> _THE RECORDS_:
· · ·

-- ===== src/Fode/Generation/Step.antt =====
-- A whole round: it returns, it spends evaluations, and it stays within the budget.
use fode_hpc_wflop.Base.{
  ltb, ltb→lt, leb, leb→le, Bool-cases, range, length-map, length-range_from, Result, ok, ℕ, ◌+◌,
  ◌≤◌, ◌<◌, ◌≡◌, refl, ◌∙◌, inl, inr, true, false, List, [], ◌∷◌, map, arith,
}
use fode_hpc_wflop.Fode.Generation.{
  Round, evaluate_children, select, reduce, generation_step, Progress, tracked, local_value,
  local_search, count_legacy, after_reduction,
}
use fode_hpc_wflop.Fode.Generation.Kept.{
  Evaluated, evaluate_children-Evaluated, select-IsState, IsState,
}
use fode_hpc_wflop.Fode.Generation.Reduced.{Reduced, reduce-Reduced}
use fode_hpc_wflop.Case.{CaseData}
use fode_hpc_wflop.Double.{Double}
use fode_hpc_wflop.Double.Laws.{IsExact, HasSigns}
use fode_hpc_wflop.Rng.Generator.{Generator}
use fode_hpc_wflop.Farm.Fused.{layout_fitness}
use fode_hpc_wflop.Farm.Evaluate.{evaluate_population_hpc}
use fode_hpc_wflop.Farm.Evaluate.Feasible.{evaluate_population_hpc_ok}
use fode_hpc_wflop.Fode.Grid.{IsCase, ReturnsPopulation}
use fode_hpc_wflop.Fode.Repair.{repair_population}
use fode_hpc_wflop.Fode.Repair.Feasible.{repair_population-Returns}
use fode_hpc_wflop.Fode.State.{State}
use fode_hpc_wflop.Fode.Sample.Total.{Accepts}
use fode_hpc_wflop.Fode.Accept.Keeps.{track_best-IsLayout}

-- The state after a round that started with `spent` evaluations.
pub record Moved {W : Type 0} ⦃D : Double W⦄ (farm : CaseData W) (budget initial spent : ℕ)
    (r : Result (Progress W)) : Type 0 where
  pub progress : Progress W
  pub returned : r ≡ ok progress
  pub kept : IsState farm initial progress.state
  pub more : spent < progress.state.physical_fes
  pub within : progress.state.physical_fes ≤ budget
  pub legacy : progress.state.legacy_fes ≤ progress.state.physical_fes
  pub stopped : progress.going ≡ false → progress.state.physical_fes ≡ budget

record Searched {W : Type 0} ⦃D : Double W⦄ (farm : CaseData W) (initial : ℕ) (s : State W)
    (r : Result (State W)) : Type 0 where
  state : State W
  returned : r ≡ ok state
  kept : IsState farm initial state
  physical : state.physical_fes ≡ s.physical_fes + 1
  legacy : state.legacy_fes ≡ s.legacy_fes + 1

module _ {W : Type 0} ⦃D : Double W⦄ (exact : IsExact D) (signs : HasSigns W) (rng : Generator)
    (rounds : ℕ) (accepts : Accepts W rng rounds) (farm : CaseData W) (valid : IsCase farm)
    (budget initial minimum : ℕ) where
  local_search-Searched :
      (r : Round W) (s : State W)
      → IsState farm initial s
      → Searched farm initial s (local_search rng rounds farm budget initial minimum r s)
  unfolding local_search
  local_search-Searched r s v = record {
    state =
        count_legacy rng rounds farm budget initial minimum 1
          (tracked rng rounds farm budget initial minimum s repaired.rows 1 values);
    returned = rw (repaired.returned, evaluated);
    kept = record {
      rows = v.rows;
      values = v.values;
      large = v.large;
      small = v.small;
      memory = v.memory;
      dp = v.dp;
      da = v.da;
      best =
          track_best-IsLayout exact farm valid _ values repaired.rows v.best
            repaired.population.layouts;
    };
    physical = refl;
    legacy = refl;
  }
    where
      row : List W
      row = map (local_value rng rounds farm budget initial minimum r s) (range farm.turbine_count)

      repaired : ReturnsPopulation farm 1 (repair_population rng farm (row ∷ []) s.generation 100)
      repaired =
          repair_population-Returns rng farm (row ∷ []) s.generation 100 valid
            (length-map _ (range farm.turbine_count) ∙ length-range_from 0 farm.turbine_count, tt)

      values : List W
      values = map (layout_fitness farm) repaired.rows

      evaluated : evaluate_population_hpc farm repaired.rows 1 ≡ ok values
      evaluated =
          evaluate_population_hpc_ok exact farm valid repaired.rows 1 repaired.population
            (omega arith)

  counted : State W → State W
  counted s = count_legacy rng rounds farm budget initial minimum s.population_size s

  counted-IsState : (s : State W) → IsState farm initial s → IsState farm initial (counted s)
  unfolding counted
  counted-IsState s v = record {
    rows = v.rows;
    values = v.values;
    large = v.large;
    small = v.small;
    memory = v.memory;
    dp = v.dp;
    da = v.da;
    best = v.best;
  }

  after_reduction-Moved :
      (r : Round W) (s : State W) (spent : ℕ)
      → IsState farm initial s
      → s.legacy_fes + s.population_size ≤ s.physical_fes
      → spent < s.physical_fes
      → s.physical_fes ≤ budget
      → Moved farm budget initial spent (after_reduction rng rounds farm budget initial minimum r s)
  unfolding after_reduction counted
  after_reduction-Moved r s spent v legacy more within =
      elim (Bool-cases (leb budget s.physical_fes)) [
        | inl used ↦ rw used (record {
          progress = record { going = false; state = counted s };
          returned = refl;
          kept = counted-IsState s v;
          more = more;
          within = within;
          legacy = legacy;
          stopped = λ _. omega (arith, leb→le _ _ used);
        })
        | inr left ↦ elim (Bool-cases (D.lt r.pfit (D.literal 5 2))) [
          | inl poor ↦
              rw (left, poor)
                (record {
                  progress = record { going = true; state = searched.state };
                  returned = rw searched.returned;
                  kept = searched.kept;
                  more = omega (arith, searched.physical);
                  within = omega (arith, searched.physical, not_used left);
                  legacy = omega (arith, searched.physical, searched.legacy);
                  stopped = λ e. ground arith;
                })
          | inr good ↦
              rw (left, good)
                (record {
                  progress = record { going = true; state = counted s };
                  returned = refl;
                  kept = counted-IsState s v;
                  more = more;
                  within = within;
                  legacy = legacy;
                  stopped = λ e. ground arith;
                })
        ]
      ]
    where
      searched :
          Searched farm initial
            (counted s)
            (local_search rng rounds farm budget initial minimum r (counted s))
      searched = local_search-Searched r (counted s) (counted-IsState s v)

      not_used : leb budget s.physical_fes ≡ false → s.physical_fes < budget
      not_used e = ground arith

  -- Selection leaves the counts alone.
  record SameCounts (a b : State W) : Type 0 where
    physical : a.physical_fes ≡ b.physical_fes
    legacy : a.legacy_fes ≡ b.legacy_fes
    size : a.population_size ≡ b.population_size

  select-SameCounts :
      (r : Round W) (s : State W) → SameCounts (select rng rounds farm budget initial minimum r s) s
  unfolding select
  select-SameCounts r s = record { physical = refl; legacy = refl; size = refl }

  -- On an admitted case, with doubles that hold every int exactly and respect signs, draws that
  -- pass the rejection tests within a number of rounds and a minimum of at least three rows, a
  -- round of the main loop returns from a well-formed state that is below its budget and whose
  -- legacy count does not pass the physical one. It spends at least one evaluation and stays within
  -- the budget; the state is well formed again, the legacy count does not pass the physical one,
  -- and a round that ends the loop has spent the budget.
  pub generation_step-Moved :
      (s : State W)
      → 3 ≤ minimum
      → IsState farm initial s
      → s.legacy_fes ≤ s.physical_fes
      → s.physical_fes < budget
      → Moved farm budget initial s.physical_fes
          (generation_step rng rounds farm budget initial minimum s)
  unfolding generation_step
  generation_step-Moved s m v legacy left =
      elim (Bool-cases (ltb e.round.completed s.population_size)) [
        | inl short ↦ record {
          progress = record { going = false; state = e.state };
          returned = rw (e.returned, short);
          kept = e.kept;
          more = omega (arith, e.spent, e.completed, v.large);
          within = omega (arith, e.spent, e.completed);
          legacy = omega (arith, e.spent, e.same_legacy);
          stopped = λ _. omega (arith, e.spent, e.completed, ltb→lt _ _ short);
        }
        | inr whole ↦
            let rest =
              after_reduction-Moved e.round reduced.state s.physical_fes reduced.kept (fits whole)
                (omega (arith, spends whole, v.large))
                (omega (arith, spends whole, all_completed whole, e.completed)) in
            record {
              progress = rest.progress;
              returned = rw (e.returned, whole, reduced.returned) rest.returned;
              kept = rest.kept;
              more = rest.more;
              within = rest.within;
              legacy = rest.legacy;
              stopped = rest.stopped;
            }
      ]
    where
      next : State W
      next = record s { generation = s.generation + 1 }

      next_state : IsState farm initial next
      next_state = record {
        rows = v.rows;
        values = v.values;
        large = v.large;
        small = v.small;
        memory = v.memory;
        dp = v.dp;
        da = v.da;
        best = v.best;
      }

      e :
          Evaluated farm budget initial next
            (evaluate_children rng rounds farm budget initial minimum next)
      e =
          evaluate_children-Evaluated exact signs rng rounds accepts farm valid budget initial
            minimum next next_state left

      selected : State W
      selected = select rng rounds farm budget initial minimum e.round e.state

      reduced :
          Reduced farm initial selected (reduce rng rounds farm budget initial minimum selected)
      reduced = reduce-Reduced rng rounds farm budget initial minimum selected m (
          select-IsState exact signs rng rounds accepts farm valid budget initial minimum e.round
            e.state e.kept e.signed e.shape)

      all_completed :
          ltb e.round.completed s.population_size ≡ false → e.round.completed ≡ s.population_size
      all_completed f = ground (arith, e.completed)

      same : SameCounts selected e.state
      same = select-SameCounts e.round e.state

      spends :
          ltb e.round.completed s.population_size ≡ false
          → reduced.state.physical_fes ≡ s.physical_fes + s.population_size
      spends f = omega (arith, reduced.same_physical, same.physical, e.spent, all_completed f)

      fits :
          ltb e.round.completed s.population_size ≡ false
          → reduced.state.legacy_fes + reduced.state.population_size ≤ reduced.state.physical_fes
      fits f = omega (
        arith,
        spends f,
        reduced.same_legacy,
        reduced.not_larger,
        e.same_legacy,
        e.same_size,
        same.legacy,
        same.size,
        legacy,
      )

· · ·

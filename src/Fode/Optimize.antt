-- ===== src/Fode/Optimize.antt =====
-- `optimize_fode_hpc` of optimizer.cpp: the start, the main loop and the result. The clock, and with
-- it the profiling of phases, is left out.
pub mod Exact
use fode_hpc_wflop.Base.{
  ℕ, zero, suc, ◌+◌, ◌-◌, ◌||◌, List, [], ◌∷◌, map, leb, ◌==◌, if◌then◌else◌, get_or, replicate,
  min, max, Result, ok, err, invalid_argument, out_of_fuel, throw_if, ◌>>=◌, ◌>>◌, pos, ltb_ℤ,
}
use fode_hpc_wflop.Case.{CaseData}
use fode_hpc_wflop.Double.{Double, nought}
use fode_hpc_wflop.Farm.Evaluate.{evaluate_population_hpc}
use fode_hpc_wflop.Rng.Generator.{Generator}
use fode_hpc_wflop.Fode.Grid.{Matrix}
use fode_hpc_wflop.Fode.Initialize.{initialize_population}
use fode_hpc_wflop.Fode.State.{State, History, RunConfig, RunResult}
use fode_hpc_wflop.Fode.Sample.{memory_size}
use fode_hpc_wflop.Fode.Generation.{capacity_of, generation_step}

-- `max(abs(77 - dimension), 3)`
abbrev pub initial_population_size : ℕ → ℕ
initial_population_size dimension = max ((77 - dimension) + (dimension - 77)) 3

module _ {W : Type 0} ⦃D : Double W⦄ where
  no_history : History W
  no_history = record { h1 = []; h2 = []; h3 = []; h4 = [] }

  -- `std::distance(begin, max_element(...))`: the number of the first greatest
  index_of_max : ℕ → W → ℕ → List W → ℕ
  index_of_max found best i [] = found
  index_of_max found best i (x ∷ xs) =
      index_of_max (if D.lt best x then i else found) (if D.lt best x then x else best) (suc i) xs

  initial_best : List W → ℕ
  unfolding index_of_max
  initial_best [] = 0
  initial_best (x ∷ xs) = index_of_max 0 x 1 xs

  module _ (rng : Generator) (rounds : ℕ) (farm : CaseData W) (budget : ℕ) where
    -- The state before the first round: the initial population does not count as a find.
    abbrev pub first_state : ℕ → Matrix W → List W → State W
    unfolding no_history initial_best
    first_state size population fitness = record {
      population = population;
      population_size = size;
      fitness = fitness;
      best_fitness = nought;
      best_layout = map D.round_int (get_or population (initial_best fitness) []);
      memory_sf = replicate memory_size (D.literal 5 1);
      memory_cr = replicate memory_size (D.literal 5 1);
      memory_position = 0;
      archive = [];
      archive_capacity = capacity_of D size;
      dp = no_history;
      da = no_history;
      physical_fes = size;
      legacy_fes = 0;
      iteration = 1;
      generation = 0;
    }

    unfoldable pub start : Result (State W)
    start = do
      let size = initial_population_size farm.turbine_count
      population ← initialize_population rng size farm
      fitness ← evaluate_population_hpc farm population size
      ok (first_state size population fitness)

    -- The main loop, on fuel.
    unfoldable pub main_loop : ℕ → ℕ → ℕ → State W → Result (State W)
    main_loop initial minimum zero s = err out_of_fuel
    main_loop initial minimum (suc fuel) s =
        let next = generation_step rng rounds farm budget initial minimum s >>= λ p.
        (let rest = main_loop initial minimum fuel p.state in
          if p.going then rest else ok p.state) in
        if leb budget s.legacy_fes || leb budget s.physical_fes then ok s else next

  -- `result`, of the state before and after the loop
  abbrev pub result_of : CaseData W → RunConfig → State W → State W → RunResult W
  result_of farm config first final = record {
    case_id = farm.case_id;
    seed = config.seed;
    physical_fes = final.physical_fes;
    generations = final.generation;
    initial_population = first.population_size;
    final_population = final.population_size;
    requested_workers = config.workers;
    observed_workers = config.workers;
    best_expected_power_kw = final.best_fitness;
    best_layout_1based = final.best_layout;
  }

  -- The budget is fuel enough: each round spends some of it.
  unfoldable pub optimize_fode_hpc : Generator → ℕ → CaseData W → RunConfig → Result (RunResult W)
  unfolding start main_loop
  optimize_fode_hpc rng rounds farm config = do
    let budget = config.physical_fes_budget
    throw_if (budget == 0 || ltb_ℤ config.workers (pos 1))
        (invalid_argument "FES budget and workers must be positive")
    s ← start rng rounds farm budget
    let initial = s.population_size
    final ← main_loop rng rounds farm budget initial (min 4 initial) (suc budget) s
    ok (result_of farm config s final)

· · ·

> _DIRECTIONS_:
Within the material above, find every line containing the word "values" and copy it.

> _SOLUTION_:
          (tracked rng rounds farm budget initial minimum s repaired.rows 1 values);
      values = v.values;
          track_best-IsLayout exact farm valid _ values repaired.rows v.best
      values : List W
      values = map (layout_fitness farm) repaired.rows
      evaluated : evaluate_population_hpc farm repaired.rows 1 ≡ ok values
    values = v.values;
        values = v.values;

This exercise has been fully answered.